Started the puzzle last night and couldn't get the theme. This morning...finally got it though I had to google several things. Yes it does pay to be old...Knew William Boyd!!

Ludyjynn 10:40 AM  

As I worked on the puzzle, I performed my weekly ritual of simultaneously watching CBS "Sunday Morning". For those who had trouble last week in getting the Mitch ALBOM answer, Jane Pauley did an in-depth interview w/ him on the show. Very informative and nice to know he spends lots of his $$$ from book sales on philanthropic causes.
Also, it was good to see JP in her CBS debut.

Puzzle broke easy-medium for me. Thanks, JP and WS for a well-executed theme, DOneTOAT.

Off to do some gardening on this beautiful day.

OISK 10:46 AM  

Easy, pleasant Sunday. @Ellen - I have (somewhere, on a cassette) a collection of 6 of the songs of the International Brigade. Wish I could find them. It includes "Freiheit," and also "Moorsoldaten" and "Hans Beimler", as well as 3 others. Thanks for reminding me.

Use of Sieg doesn't bother me at all, it is a German word many people have heard in one context or another, and just as valid a clue as the Spanish word for eight, for example, which appears fairly often.

Anonymous 10:57 AM  

It really bothers me that people defend the inclusion of the word
"sieg."

Good, it does not bother some people...but the point is that it
DOES bother other people. Even
though I was not overly irritated
by its use..., I have to admit the
connection I made when I realized the
answer was "SIEG" was "sieg Hitler."

For better or worse, that is the connection one - or at least this one - makes when seeing/reading/hearing this word.

And, in the context of this blog, or in the context of the blogger - who is an incredibly sophisticated puzzle solver, who is looking for the most subtle "problems" or "weaknesses" in a crossword puzzle, I believe that is pertinent to say that the inclusion of the word is a
bit, off....It detracts from the overall fun, beauty of the puzzle.

Arlene 11:03 AM  

I agree with the comments about the use of SIEG - did not sit well with me either. The fact that it has to be discussed proves the lack of sensitivity of including it as clued.
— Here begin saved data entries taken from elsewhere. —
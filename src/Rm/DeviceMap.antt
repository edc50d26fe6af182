-- ===== src/Rm/DeviceMap.antt =====
-- pkg/rm/device_map.go: the devices of each resource, and their replicas.
pub mod Others
pub mod Build
use volcano_vgpu_device_plug.Prelude.{
  ℕ, zero, suc, Bool, true, false, not, ◌&&◌, ◌||◌, Option, none, some, List, [], ◌∷◌, ◌++◌,
  if◌then◌else◌, ltb, length, take, any,
}
use volcano_vgpu_device_plug.Prelude.Int.{pos}
use volcano_vgpu_device_plug.GoText.{Str, str_eq}
use volcano_vgpu_device_plug.Kube.Dict.{Dict, lookup, insert}
use volcano_vgpu_device_plug.Spec.Replicas.{
  ReplicatedDevices, ReplicatedResource, ReplicatedResources, is_gpu_index, is_mig_index, is_uuid,
}
use volcano_vgpu_device_plug.Rm.AnnotatedId.{new_annotated_id}
use volcano_vgpu_device_plug.Rm.Devices.{
  Device, Devices, DeviceInfo, build_device, device_ids, get_by_id, get_by_index, subset,
  difference,
}

abbrev pub DeviceMap : Type 0
DeviceMap = Dict Devices

-- What a function returned: a value, an error, or nothing, since a nil pointer was followed.
pub data Result {ℓ} (A : Type ℓ) : Type ℓ where
  ok : A → Result A
  failed panicked : Result A

abbrev pub and_then : {A B : Type 0} → Result A → (A → Result B) → Result B
and_then (ok a) rest = rest a
and_then failed rest = failed
and_then panicked rest = panicked

-- d[name], the empty map if there is none
abbrev pub devices_of : Str → DeviceMap → Devices
devices_of name d = elim (lookup name d) [ none ↦ [] | some devices ↦ devices ]

-- insert
unfoldable pub insert_device : Str → Device → DeviceMap → DeviceMap
insert_device name dev d = insert name (insert dev.id dev (devices_of name d)) d

-- setEntry
unfoldable pub set_entry : Str → Str → DeviceInfo → DeviceMap → Result DeviceMap
unfolding insert_device
set_entry name index device d = elim (build_device index device) [
  | none ↦ failed
  | some dev ↦ ok (insert_device name dev d)
]

-- The loop `for _, device := range devices { d.insert(name, device) }`.
unfoldable pub insert_all : Str → Devices → DeviceMap → DeviceMap
unfolding insert_device
insert_all name [] d = d
insert_all name ((_, device) ∷ devices) d = insert_all name devices (insert_device name device d)

-- merge
unfoldable pub merge : DeviceMap → DeviceMap → DeviceMap
unfolding insert_all
merge d [] = d
merge d ((name, devices) ∷ o) = merge (insert_all name devices d) o

-- isEmpty
unfoldable pub is_empty : DeviceMap → Bool
is_empty [] = true
is_empty ((name, []) ∷ d) = is_empty d
is_empty ((name, _ ∷ _) ∷ d) = false

abbrev pub add_id : Option Device → Result (List Str) → Result (List Str)
add_id none ids = failed
add_id (some d) ids = and_then ids (λ ids. ok (d.id ∷ ids))

-- uuid.Parse is a parameter: whether a text is a UUID.
module _ (is_uuid_text : Str → Bool) where
  -- The loop over r.Devices.List; a reference of both forms adds two ids.
  unfoldable pub listed_ids : Devices → List Str → Result (List Str)
  listed_ids devices [] = ok []
  listed_ids devices (ref ∷ refs) =
      let rest = listed_ids devices refs in
      let by_index =
        if is_gpu_index ref || is_mig_index ref
        then add_id (get_by_index devices ref) rest
        else rest in
      if is_uuid is_uuid_text ref then add_id (get_by_id devices ref) by_index else by_index

  unfoldable pub ids_of : Devices → ReplicatedDevices → Result (List Str)
  unfolding listed_ids
  ids_of devices r =
      if r.all
      then ok (device_ids devices)
      else if ltb 0 r.count
      then (if ltb (length devices) r.count then failed else ok (take r.count (device_ids devices)))
      else if ltb 0 (length r.list)
      then listed_ids devices r.list
      else failed

  -- getIDsOfDevicesToReplicate
  unfoldable pub ids_of_devices_to_replicate : DeviceMap → ReplicatedResource → Result (List Str)
  unfolding ids_of
  ids_of_devices_to_replicate d r = elim (lookup r.name d) [
    | none ↦ ok []
    | some devices ↦ ids_of devices r.devices
  ]

-- The replica of a device with a number.
unfoldable pub replica : Str → ℕ → ℕ → Device → Device
replica id i replicas original = record original {
  id = new_annotated_id id (pos i);
  replicas = replicas;
}

abbrev pub new_name : ReplicatedResource → Str
new_name r = if str_eq r.rename [] then r.name else r.rename

-- The loop `for i := 0; i < r.Replicas; i++`, with the rounds that are left.
unfoldable pub add_replicas : Str → ℕ → ℕ → ReplicatedResource → Device → DeviceMap → DeviceMap
unfolding insert_device replica
add_replicas id i zero r original devices = devices
add_replicas id i (suc n) r original devices =
    add_replicas id (suc i) n r original
      (insert_device (new_name r) (replica id i r.replicas original) devices)

-- The loop over the ids; `original` is nil for an id that is no key.
unfoldable pub add_all_replicas :
    Devices → List Str → ReplicatedResource → DeviceMap → Result DeviceMap
unfolding add_replicas
add_all_replicas originals [] r devices = ok devices
add_all_replicas originals (id ∷ ids) r devices = elim (lookup id originals) [
  | none ↦ if ltb 0 r.replicas then panicked else add_all_replicas originals ids r devices
  | some original ↦
      add_all_replicas originals ids r (add_replicas id 0 r.replicas r original devices)
]

-- One round of the loop over the shared resources, behind the ids.
unfoldable pub replicate_ids :
    DeviceMap → ReplicatedResource → List Str → DeviceMap → Result DeviceMap
unfolding add_all_replicas insert_all
replicate_ids o_devices r [] devices = ok devices
replicate_ids o_devices r (id ∷ ids) devices =
    let originals = devices_of r.name o_devices in
    let kept = difference originals (subset originals (id ∷ ids)) in
    add_all_replicas originals (id ∷ ids) r (insert_all r.name kept devices)

abbrev pub is_named : List ReplicatedResource → Str → Bool
is_named resources name = any (λ (r : ReplicatedResource). str_eq r.name name) resources

-- Copy over all devices without a resource reference.
unfoldable pub copy_unnamed : List ReplicatedResource → DeviceMap → DeviceMap
copy_unnamed resources [] = []
copy_unnamed resources ((name, ds) ∷ o_devices) =
    let rest = copy_unnamed resources o_devices in
    if not (is_named resources name) then (name, ds) ∷ rest else rest

module _ (is_uuid_text : Str → Bool) where
  unfoldable pub replicate_loop : DeviceMap → List ReplicatedResource → DeviceMap → Result DeviceMap
  unfolding replicate_ids
  replicate_loop o_devices [] devices = ok devices
  replicate_loop o_devices (r ∷ resources) devices =
      and_then (ids_of_devices_to_replicate is_uuid_text o_devices r) (λ ids.
        and_then (replicate_ids o_devices r ids devices)
          (λ devices. replicate_loop o_devices resources devices))

  -- updateDeviceMapWithReplicas
  unfoldable pub update_device_map_with_replicas :
      ReplicatedResources → DeviceMap → Result DeviceMap
  unfolding replicate_loop copy_unnamed
  update_device_map_with_replicas replicated_resources o_devices =
      replicate_loop o_devices replicated_resources.resources
        (copy_unnamed replicated_resources.resources o_devices)
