-- ===== src/Spec/Resources.antt =====
-- api/config/v1/resources.go: names and patterns of resources. A pattern is matched by the regular
-- expression of wildCardToRegexp. Texts are ASCII.
mod Literals
pub mod Patterns
use volcano_vgpu_device_plug.Prelude.{
  ℕ, Bool, true, false, not, ◌&&◌, ◌||◌, Option, none, some, List, [], ◌∷◌, ◌++◌, if◌then◌else◌,
  ◌==◌, ltb, length, drop, ◌>>=◌,
}
use volcano_vgpu_device_plug.GoText.{Str, codes, has_prefix, split, cut}
use volcano_vgpu_device_plug.GoText.Regexp.{quote_meta, match_string}

abbrev pub resource_name_prefix : Str
resource_name_prefix = codes "volcano.sh"

abbrev pub max_resource_name_length : ℕ
max_resource_name_length = 63

abbrev with_prefix : Str → Str
with_prefix n = if has_prefix n (codes "volcano.sh/") then n else codes "volcano.sh/" ++ n

-- NewResourceName: `none` is an error.
unfoldable pub new_resource_name : Str → Option Str
new_resource_name n =
    if ltb max_resource_name_length (length (with_prefix n)) then none else some (with_prefix n)

pub record Resource : Type 0 where
  pub pattern : Str
  pub name : Str

pub record Resources : Type 0 where
  pub gpus : List Resource
  pub migs : List Resource

-- NewResource
unfoldable pub new_resource : Str → Str → Option Resource
unfolding new_resource_name
new_resource pattern name = do
  resource_name ← new_resource_name name
  some (record { pattern = pattern; name = resource_name })

-- Split
unfoldable pub split_name : Str → Str × Str
split_name r = elim (cut (codes "/") r) [ none ↦ ([], r) | some parts ↦ parts ]

-- AddGPUResource
unfoldable pub add_gpu_resource : Str → Str → Resources → Option Resources
unfolding new_resource
add_gpu_resource pattern name r = do
  resource ← new_resource pattern name
  some (record r { gpus = r.gpus ++ resource ∷ [] })

-- AddMIGResource
unfoldable pub add_mig_resource : Str → Str → Resources → Option Resources
unfolding new_resource
add_mig_resource pattern name r = do
  resource ← new_resource pattern name
  some (record r { migs = r.migs ++ resource ∷ [] })

-- The loop of wildCardToRegexp behind the first literal.
unfoldable pub wild_rest : List Str → Str
unfolding quote_meta
wild_rest [] = []
wild_rest (literal ∷ literals) = codes ".*" ++ (quote_meta literal ++ wild_rest literals)

-- The loop with the test for the first round, which writes no `.*`.
unfoldable pub wild_literals : List Str → Str
unfolding wild_rest
wild_literals [] = []
wild_literals (literal ∷ literals) = quote_meta literal ++ wild_rest literals

-- wildCardToRegexp
unfoldable pub wild_card_to_regexp : Str → Str
unfolding wild_literals
wild_card_to_regexp pattern = wild_literals (split 42 pattern)

-- Matches: an error of MatchString is no match.
unfoldable pub matches : Str → Str → Bool
unfolding wild_card_to_regexp match_string
matches pattern s = elim (match_string (wild_card_to_regexp pattern) s) [
  | none ↦ false
  | some result ↦ result
]
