-- ===== src/Rm/DeviceMap/Build.antt =====
-- pkg/rm/device_map.go: deviceMapBuilder. The visits of the device library, and whether one ends with
-- an error of its own, are arguments, with the driver's answers about what it visits; so are
-- the functions Matches of Spec/Resources and FilterDeviceToRegister of Config.
pub mod Entries
pub mod Listed
use volcano_vgpu_device_plug.Prelude.{
  ℕ, Bool, true, false, not, ◌&&◌, Option, none, some, List, [], ◌∷◌, ◌++◌, if◌then◌else◌, ◌==◌,
  length,
}
use volcano_vgpu_device_plug.GoText.{Str, codes, str_eq}
use volcano_vgpu_device_plug.GoNum.{format_uint}
use volcano_vgpu_device_plug.Spec.Replicas.{ReplicatedResources}
use volcano_vgpu_device_plug.Spec.Resources.{Resource, Resources}
use volcano_vgpu_device_plug.Rm.Devices.{DeviceInfo}
use volcano_vgpu_device_plug.Rm.DeviceMap.{
  DeviceMap, Result, ok, failed, panicked, and_then, set_entry, merge, is_empty,
  update_device_map_with_replicas,
}

-- What the driver answers about a GPU; `none` is an error. The MIG devices are counted only.
pub record Gpu : Type 0 where
  pub uuid : Option Str
  pub name : Option Str
  pub mig_enabled : Option Bool
  pub mig_devices : Option ℕ
  pub info : DeviceInfo

-- The attributes of a MIG device are numbers.
pub record Mig : Type 0 where
  pub profile : Option Str
  pub attributes : Option (List ℕ)
  pub info : DeviceInfo

-- What VisitDevices and VisitMigDevices visit, in order, with the positions.
pub record Visits : Type 0 where
  pub gpus : List (ℕ × Gpu)
  pub gpus_end : Bool
  pub migs : List (ℕ × ℕ × Mig)
  pub migs_end : Bool

-- The first error of the visitor ends the visit.
abbrev pub visit : {A B : Type 0} → (A → B → Result B) → Bool → List A → B → Result B
visit f ends [] b = if ends then ok b else failed
visit f ends (a ∷ l) b = and_then (f a b) (visit f ends l)

abbrev pub strategy_none : Str
strategy_none = codes "none"

abbrev pub strategy_single : Str
strategy_single = codes "single"

module _ (matches : Str → Str → Bool) where
  -- The loop over the resources, with `match`; an error of setEntry is dropped.
  unfoldable pub set_entries :
      List Resource → Str → Str → DeviceInfo → Bool → DeviceMap → Bool × DeviceMap
  set_entries [] name index info match devices = (match, devices)
  set_entries (r ∷ resources) name index info match devices =
      if matches r.pattern name
      then set_entries resources name index info match (elim (set_entry r.name index info devices) [
        | ok d ↦ d
        | failed ↦ devices
        | panicked ↦ devices
      ])
      else set_entries resources name index info false devices

  abbrev pub matched : Bool × DeviceMap → Result DeviceMap
  matched (true, devices) = ok devices
  matched (false, devices) = failed

  -- The visitor of buildGPUDeviceMap.
  unfoldable pub visit_gpu :
      (Str → ℕ → Bool) → Str → List Resource → ℕ × Gpu → DeviceMap → Result DeviceMap
  unfolding set_entries
  visit_gpu is_filtered strategy resources (i, gpu) devices = elim (gpu.uuid) [
    | none ↦ failed
    | some uuid ↦ if is_filtered uuid i then ok devices else elim (gpu.name) [
      | none ↦ failed
      | some name ↦ elim (gpu.mig_enabled) [
        | none ↦ failed
        | some mig_enabled ↦
            if mig_enabled && not (str_eq strategy strategy_none)
            then ok devices
            else matched (set_entries resources name (format_uint i) gpu.info true devices)
      ]
    ]
  ]

  -- The loop over the resources for a MIG device: the first one that matches.
  unfoldable pub set_first : List Resource → Str → Str → DeviceInfo → DeviceMap → Result DeviceMap
  set_first [] profile index info devices = failed
  set_first (r ∷ resources) profile index info devices =
      if matches r.pattern profile
      then set_entry r.name index info devices
      else set_first resources profile index info devices

  -- The visitor of buildMigDeviceMap.
  unfoldable pub visit_mig : List Resource → ℕ × ℕ × Mig → DeviceMap → Result DeviceMap
  unfolding set_first
  visit_mig resources (i, j, mig) devices = elim (mig.profile) [
    | none ↦ failed
    | some profile ↦
        set_first resources profile (format_uint i ++ (codes ":" ++ format_uint j)) mig.info devices
  ]

-- The first visitor of assertAllMigDevicesAreValid.
unfoldable pub assert_gpu : Bool → ℕ × Gpu → Unit {0} → Result (Unit {0})
assert_gpu uniform (i, gpu) u = elim (gpu.mig_enabled) [
  | none ↦ failed
  | some false ↦ ok tt
  | some true ↦ elim (gpu.mig_devices) [
    | none ↦ failed
    | some n ↦ if uniform && (n == 0) then failed else ok tt
  ]
]

-- The second one, with previousAttributes.
unfoldable pub assert_mig : ℕ × ℕ × Mig → Option (List ℕ) → Result (Option (List ℕ))
assert_mig (i, j, mig) previous = elim (mig.attributes) [
  | none ↦ failed
  | some attrs ↦ elim previous [
    | none ↦ ok (some attrs)
    | some before ↦ if str_eq attrs before then ok (some before) else failed
  ]
]

-- assertAllMigDevicesAreValid
unfoldable pub assert_all_mig_devices_are_valid : Visits → Bool → Result (Unit {0})
unfolding assert_gpu assert_mig
assert_all_mig_devices_are_valid v uniform =
    and_then (visit (assert_gpu uniform) v.gpus_end v.gpus tt) (λ u.
      if not uniform
      then ok tt
      else and_then (visit assert_mig v.migs_end v.migs none) (λ previous. ok tt))

module _ (matches : Str → Str → Bool) (is_filtered : Str → ℕ → Bool) (strategy : Str)
    (resources : Resources) (v : Visits) where
  -- buildGPUDeviceMap
  unfoldable pub build_gpu_device_map : Result DeviceMap
  unfolding visit_gpu
  build_gpu_device_map =
      visit (visit_gpu matches is_filtered strategy resources.gpus) v.gpus_end v.gpus []

  -- buildMigDeviceMap
  unfoldable pub build_mig_device_map : Result DeviceMap
  unfolding visit_mig
  build_mig_device_map = visit (visit_mig matches resources.migs) v.migs_end v.migs []

  -- buildDeviceMapFromConfigResources
  unfoldable pub build_device_map_from_config_resources : Result DeviceMap
  unfolding build_gpu_device_map build_mig_device_map assert_all_mig_devices_are_valid
  build_device_map_from_config_resources = and_then build_gpu_device_map (λ device_map.
      if str_eq strategy strategy_none
      then ok device_map
      else and_then build_mig_device_map (λ mig_device_map.
        let uniform = str_eq strategy strategy_single in
        and_then (assert_all_mig_devices_are_valid v uniform) (λ u.
          if uniform && not (is_empty device_map) && not (is_empty mig_device_map)
          then failed
          else ok (merge device_map mig_device_map))))

  -- build
  unfoldable pub build : (Str → Bool) → ReplicatedResources → Result DeviceMap
  unfolding build_device_map_from_config_resources
  build is_uuid_text replicated_resources =
      and_then build_device_map_from_config_resources
        (update_device_map_with_replicas is_uuid_text replicated_resources)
I did like SWORDS for canape picks - got that right away, and smiled as I always loved those miniatures.

Anonymous 11:04 AM  

Not Charlotte Rae's autobio. Dies Irae = Day of Wrath = Judgment Day.
Part of RC liturgy.

Orange 11:09 AM  

Well said, @Anonymous 10:57. I usually like seeing German words in the crossword because I studied German, but I made the same observation Rex did, that the word was jarring here and that DIET would so easily fit.

I'm reminded of the NYT puzzle a few years ago with HEIL in it. In that case, it could so easily have been changed to (if memory serves) HEIR. I wish Will Shortz and his staff would be a little more attuned to such things, given how triggering they are for so many people.

Joe in Montreal 11:25 AM  

If I can finish it smoothly, it must be very easy!
I agree totally with George Barany. Sometimes people are bothered without any reasonable cause. SIEG is not from SIEG HITLER. If anyone has a legitimate reason to think that Mr Shortz or the NYT deliberately put it in as some sort of dig, let's hear it. Otherwise we're getting all Balkan.
I don't get the bit about "I" words. Sure, if it is a phrase "I-something" it's weak, but IDENT, IRAE, and IKON are not phrases.
ps the captcha had '666' in it - does that mean this is a devil-worshipping puzzle? Nah. It's a coincidence.

Anonymous 11:37 AM  

The fact that Wagner pre-dated Nazizsm does not detract from the connection one makes with specific German words.

For better or worse, there are some German/Nazi words/expressions which
are part of the Western zeitgist (a German word, by the way, which is NOT automatically connected to Hitlerism).

The connection one/I makes with this word is explained on Wikipedia. http://en.wikipedia.org/wiki/Nazi_salute

Maybe I am brainwashed, but whenever I hear this word I hear the thunderous shouts at Nuremburg, circa 1939.

Hopefully, we will never hear these shouts again.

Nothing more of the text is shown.